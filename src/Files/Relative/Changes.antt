-- ===== src/Files/Relative/Changes.antt =====
-- How the transfers of one slot change the slots of the file.
use blitzy_open_cobol.Base.{
  ℕ, suc, ◌+◌, ◌^◌, ◌≤◌, ◌<◌, ◌≡◌, ◌≢◌, sym, ap, ◌∙◌, ◌⊎◌, inl, inr, List, length, max, arith,
}
use mathlib.Core.Path.{subst}
use native.Mathlib.Decide.{dec_le}
use blitzy_open_cobol.Files.{CobFile}
use blitzy_open_cobol.Files.Stdio.{Stream, bytes_at, fwrite}
use blitzy_open_cobol.Files.Stdio.Words.{
  le_bytes, le_value, word_size, length-le_bytes, le_value-le_bytes,
}
use blitzy_open_cobol.Files.Relative.{put_slot, put_record, on_stream}
use blitzy_open_cobol.Files.Relative.Slots.{
  IsUpdatable, content, slot_at, slot_header, slot_bytes, IsSlotted, IsWritten, read-put, read-kept,
  slots_apart,
}
use blitzy_open_cobol.Files.Relative.Transfers.{fwrite-IsStored}

-- One slot is as given, and all others are as before.
pub record IsSlotSet (m : ℕ) (s t : Stream) (i n : ℕ) (bytes : List ℕ) : Type 0 where
  pub header : slot_header m t i ≡ n
  pub data_bytes : slot_bytes m t i ≡ bytes
  pub other_headers : (j : ℕ) → j ≢ i → slot_header m t j ≡ slot_header m s j
  pub other_bytes : (j : ℕ) → j ≢ i → slot_bytes m t j ≡ slot_bytes m s j

-- A write inside slot `i` leaves the other slots alone.
module _ (m : ℕ) (s t : Stream) (i place : ℕ) (bytes : List ℕ) (w : IsWritten s t place bytes)
    (from : slot_at m i ≤ place) (to : place + length bytes ≤ slot_at m i + (m + word_size)) where
  kept_header : (j : ℕ) → j ≢ i → slot_header m t j ≡ slot_header m s j
  unfolding slot_header
  kept_header j differ = ap le_value (read-kept s t place bytes _ _ w apart)
    where
      apart : (slot_at m j + word_size ≤ place) ⊎ (place + length bytes ≤ slot_at m j)
      apart = elim (slots_apart m i j (λ e. differ (sym e))) [
        | inl before ↦ inl (omega arith)
        | inr behind ↦ inr (omega arith)
      ]

  kept_bytes : (j : ℕ) → j ≢ i → slot_bytes m t j ≡ slot_bytes m s j
  unfolding slot_bytes
  kept_bytes j differ = read-kept s t place bytes _ _ w apart
    where
      apart :
          (slot_at m j + word_size + m ≤ place) ⊎ (place + length bytes ≤ slot_at m j + word_size)
      apart = elim (slots_apart m i j (λ e. differ (sym e))) [
        | inl before ↦ inl (omega arith)
        | inr behind ↦ inr (omega arith)
      ]

-- Writing the size of a slot, and writing its bytes.
pub header-IsSlotSet :
    (m : ℕ) (s t : Stream) (i n : ℕ)
    → IsWritten s t (slot_at m i) (le_bytes word_size n)
    → n < 256 ^ word_size
    → IsSlotSet m s t i n (slot_bytes m s i)
header-IsSlotSet m s t i n w small =
    let word : length (le_bytes word_size n) ≡ word_size = length-le_bytes word_size n in
    record {
      header =
          unfold slot_header in
          ap (λ (k : ℕ). le_value (bytes_at (content t) (slot_at m i) k)) (sym word)
          ∙ ap le_value (read-put s t _ _ w)
          ∙ le_value-le_bytes word_size n small;
      data_bytes = unfold slot_bytes in read-kept s t _ _ _ _ w (inr (omega arith));
      other_headers = kept_header m s t i _ _ w (omega arith) (omega arith);
      other_bytes = kept_bytes m s t i _ _ w (omega arith) (omega arith);
    }

pub bytes-IsSlotSet :
    (m : ℕ) (s t : Stream) (i n : ℕ) (bytes : List ℕ)
    → slot_header m s i ≡ n
    → IsWritten s t (slot_at m i + word_size) bytes
    → length bytes ≡ m
    → IsSlotSet m s t i n bytes
bytes-IsSlotSet m s t i n bytes header w full = record {
  header = unfold slot_header in ap le_value (read-kept s t _ _ _ _ w (inl (omega arith))) ∙ header;
  data_bytes =
      unfold slot_bytes in
      ap (bytes_at (content t) (slot_at m i + word_size)) (sym full) ∙ read-put s t _ _ w;
  other_headers = kept_header m s t i _ _ w (omega arith) (omega arith);
  other_bytes = kept_bytes m s t i _ _ w (omega arith) (omega arith);
}

pub IsSlotSet-trans :
    {m : ℕ} {s t u : Stream} {i n k : ℕ} {a b : List ℕ}
    → IsSlotSet m s t i n a
    → IsSlotSet m t u i k b
    → IsSlotSet m s u i k b
IsSlotSet-trans first second = record {
  header = second.header;
  data_bytes = second.data_bytes;
  other_headers = λ j differ. second.other_headers j differ ∙ first.other_headers j differ;
  other_bytes = λ j differ. second.other_bytes j differ ∙ first.other_bytes j differ;
}

-- A file of whole slots that grows to the end of a slot is one again.
pub IsSlotted-grown :
    (m : ℕ) (s t : Stream) (i : ℕ)
    → IsSlotted m s
    → t.size ≡ max s.size (slot_at m (suc i))
    → IsSlotted m t
IsSlotted-grown m s t i (count, whole) grown = elim (dec_le (suc i) count) [
  | yes inside ↦
      let below : slot_at m (suc i) ≤ slot_at m count = grind arith in (count, omega arith)
  | no outside ↦
      let above : slot_at m count ≤ slot_at m (suc i) = grind arith in (suc i, omega arith)
]

-- The state that a good transfer leaves: whole slots on a stream that can go on.
pub record IsRelative (m : ℕ) (s : Stream) : Type 0 where
  pub updatable : IsUpdatable s
  pub slotted : IsSlotted m s

-- put_slot, from the beginning of a slot.
pub record IsStoredSlot (f : CobFile) (s t : Stream) (i : ℕ) : Type 0 where
  pub result : put_slot f s ≡ (on_stream f t, 0)
  pub good : IsRelative f.record_max t
  pub slots : IsSlotSet f.record_max s t i f.size f.record_data
  pub size : t.size ≡ max s.size (slot_at f.record_max (suc i))

pub put_slot-IsStoredSlot :
    (f : CobFile) (s : Stream) (i : ℕ)
    → IsRelative f.record_max s
    → s.position ≡ slot_at f.record_max i
    → length f.record_data ≡ f.record_max
    → 0 < f.record_max
    → f.size < 256 ^ word_size
    → (t : Stream) × IsStoredSlot f s t i
put_slot-IsStoredSlot f s i good here full long small =
    let word : length (le_bytes word_size f.size) ≡ word_size = length-le_bytes word_size f.size in
    let first : Stream = (fwrite (le_bytes word_size f.size) s).1 in
    let (done, stored) =
      fwrite-IsStored s (le_bytes word_size f.size) good.updatable (omega arith) in
    let last : Stream = (fwrite f.record_data first).1 in
    let (done', stored') = fwrite-IsStored first f.record_data stored.updatable (omega arith) in
    let next : first.position ≡ slot_at f.record_max i + word_size =
      omega (arith, stored.position) in
    let set_header : IsSlotSet f.record_max s first i f.size (slot_bytes f.record_max s i) =
      header-IsSlotSet f.record_max s first i f.size
        (subst (λ p. IsWritten s first p (le_bytes word_size f.size)) here stored.written) small in
    (
      last,
      record {
        result = unfold put_slot put_record in ground (arith, done, done');
        good = record {
          updatable = stored'.updatable;
          slotted =
              IsSlotted-grown f.record_max s last i good.slotted
                (omega (arith, stored.size, stored'.size));
        };
        slots = IsSlotSet-trans set_header (
            bytes-IsSlotSet f.record_max first last i f.size f.record_data set_header.header
              (subst (λ p. IsWritten first last p f.record_data) next stored'.written) full);
        size = omega (arith, stored.size, stored'.size);
      },
    )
§ §
Work request :: Every record must be transcribed exactly, with no line skipped.

Result ::
filename src/Files/Relative/Changes.antt
-- ===== src/Files/Relative/Changes.antt =====
-- How the transfers of one slot change the slots of the file.
use blitzy_open_cobol.Base.{
  ℕ, suc, ◌+◌, ◌^◌, ◌≤◌, ◌<◌, ◌≡◌, ◌≢◌, sym, ap, ◌∙◌, ◌⊎◌, inl, inr, List, length, max, arith,
}
use mathlib.Core.Path.{subst}
use native.Mathlib.Decide.{dec_le}
use blitzy_open_cobol.Files.{CobFile}
use blitzy_open_cobol.Files.Stdio.{Stream, bytes_at, fwrite}
use blitzy_open_cobol.Files.Stdio.Words.{
  le_bytes, le_value, word_size, length-le_bytes, le_value-le_bytes,
}
use blitzy_open_cobol.Files.Relative.{put_slot, put_record, on_stream}
use blitzy_open_cobol.Files.Relative.Slots.{
  IsUpdatable, content, slot_at, slot_header, slot_bytes, IsSlotted, IsWritten, read-put, read-kept,
  slots_apart,
}
use blitzy_open_cobol.Files.Relative.Transfers.{fwrite-IsStored}

-- One slot is as given, and all others are as before.
pub record IsSlotSet (m : ℕ) (s t : Stream) (i n : ℕ) (bytes : List ℕ) : Type 0 where
  pub header : slot_header m t i ≡ n
  pub data_bytes : slot_bytes m t i ≡ bytes
  pub other_headers : (j : ℕ) → j ≢ i → slot_header m t j ≡ slot_header m s j
  pub other_bytes : (j : ℕ) → j ≢ i → slot_bytes m t j ≡ slot_bytes m s j

-- A write inside slot `i` leaves the other slots alone.
module _ (m : ℕ) (s t : Stream) (i place : ℕ) (bytes : List ℕ) (w : IsWritten s t place bytes)
    (from : slot_at m i ≤ place) (to : place + length bytes ≤ slot_at m i + (m + word_size)) where
  kept_header : (j : ℕ) → j ≢ i → slot_header m t j ≡ slot_header m s j
  unfolding slot_header
  kept_header j differ = ap le_value (read-kept s t place bytes _ _ w apart)
    where
      apart : (slot_at m j + word_size ≤ place) ⊎ (place + length bytes ≤ slot_at m j)
      apart = elim (slots_apart m i j (λ e. differ (sym e))) [
        | inl before ↦ inl (omega arith)
        | inr behind ↦ inr (omega arith)
      ]

  kept_bytes : (j : ℕ) → j ≢ i → slot_bytes m t j ≡ slot_bytes m s j
  unfolding slot_bytes
  kept_bytes j differ = read-kept s t place bytes _ _ w apart
    where
      apart :
          (slot_at m j + word_size + m ≤ place) ⊎ (place + length bytes ≤ slot_at m j + word_size)
      apart = elim (slots_apart m i j (λ e. differ (sym e))) [
        | inl before ↦ inl (omega arith)
        | inr behind ↦ inr (omega arith)
      ]

-- Writing the size of a slot, and writing its bytes.
pub header-IsSlotSet :
    (m : ℕ) (s t : Stream) (i n : ℕ)
    → IsWritten s t (slot_at m i) (le_bytes word_size n)
    → n < 256 ^ word_size
    → IsSlotSet m s t i n (slot_bytes m s i)
header-IsSlotSet m s t i n w small =
    let word : length (le_bytes word_size n) ≡ word_size = length-le_bytes word_size n in
    record {
      header =
          unfold slot_header in
          ap (λ (k : ℕ). le_value (bytes_at (content t) (slot_at m i) k)) (sym word)
          ∙ ap le_value (read-put s t _ _ w)
          ∙ le_value-le_bytes word_size n small;
      data_bytes = unfold slot_bytes in read-kept s t _ _ _ _ w (inr (omega arith));
      other_headers = kept_header m s t i _ _ w (omega arith) (omega arith);
      other_bytes = kept_bytes m s t i _ _ w (omega arith) (omega arith);
    }

pub bytes-IsSlotSet :
    (m : ℕ) (s t : Stream) (i n : ℕ) (bytes : List ℕ)
    → slot_header m s i ≡ n
    → IsWritten s t (slot_at m i + word_size) bytes
    → length bytes ≡ m
    → IsSlotSet m s t i n bytes
bytes-IsSlotSet m s t i n bytes header w full = record {
  header = unfold slot_header in ap le_value (read-kept s t _ _ _ _ w (inl (omega arith))) ∙ header;
  data_bytes =
      unfold slot_bytes in
      ap (bytes_at (content t) (slot_at m i + word_size)) (sym full) ∙ read-put s t _ _ w;
  other_headers = kept_header m s t i _ _ w (omega arith) (omega arith);
  other_bytes = kept_bytes m s t i _ _ w (omega arith) (omega arith);
}

pub IsSlotSet-trans :
    {m : ℕ} {s t u : Stream} {i n k : ℕ} {a b : List ℕ}
    → IsSlotSet m s t i n a
    → IsSlotSet m t u i k b
    → IsSlotSet m s u i k b
IsSlotSet-trans first second = record {
  header = second.header;
  data_bytes = second.data_bytes;
  other_headers = λ j differ. second.other_headers j differ ∙ first.other_headers j differ;
  other_bytes = λ j differ. second.other_bytes j differ ∙ first.other_bytes j differ;
}

-- A file of whole slots that grows to the end of a slot is one again.
pub IsSlotted-grown :
    (m : ℕ) (s t : Stream) (i : ℕ)
    → IsSlotted m s
    → t.size ≡ max s.size (slot_at m (suc i))
    → IsSlotted m t
IsSlotted-grown m s t i (count, whole) grown = elim (dec_le (suc i) count) [
  | yes inside ↦
      let below : slot_at m (suc i) ≤ slot_at m count = grind arith in (count, omega arith)
  | no outside ↦
      let above : slot_at m count ≤ slot_at m (suc i) = grind arith in (suc i, omega arith)
]

-- The state that a good transfer leaves: whole slots on a stream that can go on.
pub record IsRelative (m : ℕ) (s : Stream) : Type 0 where
  pub updatable : IsUpdatable s
  pub slotted : IsSlotted m s

-- put_slot, from the beginning of a slot.
pub record IsStoredSlot (f : CobFile) (s t : Stream) (i : ℕ) : Type 0 where
  pub result : put_slot f s ≡ (on_stream f t, 0)
  pub good : IsRelative f.record_max t
  pub slots : IsSlotSet f.record_max s t i f.size f.record_data
  pub size : t.size ≡ max s.size (slot_at f.record_max (suc i))

pub put_slot-IsStoredSlot :
    (f : CobFile) (s : Stream) (i : ℕ)
    → IsRelative f.record_max s
    → s.position ≡ slot_at f.record_max i
    → length f.record_data ≡ f.record_max
    → 0 < f.record_max
    → f.size < 256 ^ word_size
    → (t : Stream) × IsStoredSlot f s t i
put_slot-IsStoredSlot f s i good here full long small =
    let word : length (le_bytes word_size f.size) ≡ word_size = length-le_bytes word_size f.size in
    let first : Stream = (fwrite (le_bytes word_size f.size) s).1 in
    let (done, stored) =
      fwrite-IsStored s (le_bytes word_size f.size) good.updatable (omega arith) in
    let last : Stream = (fwrite f.record_data first).1 in
    let (done', stored') = fwrite-IsStored first f.record_data stored.updatable (omega arith) in
    let next : first.position ≡ slot_at f.record_max i + word_size =
      omega (arith, stored.position) in
    let set_header : IsSlotSet f.record_max s first i f.size (slot_bytes f.record_max s i) =
      header-IsSlotSet f.record_max s first i f.size
        (subst (λ p. IsWritten s first p (le_bytes word_size f.size)) here stored.written) small in
    (
      last,
      record {
        result = unfold put_slot put_record in ground (arith, done, done');
        good = record {
          updatable = stored'.updatable;
          slotted =
              IsSlotted-grown f.record_max s last i good.slotted
                (omega (arith, stored.size, stored'.size));
        };
        slots = IsSlotSet-trans set_header (
            bytes-IsSlotSet f.record_max first last i f.size f.record_data set_header.header
              (subst (λ p. IsWritten first last p f.record_data) next stored'.written) full);
        size = omega (arith, stored.size, stored'.size);
      },
    )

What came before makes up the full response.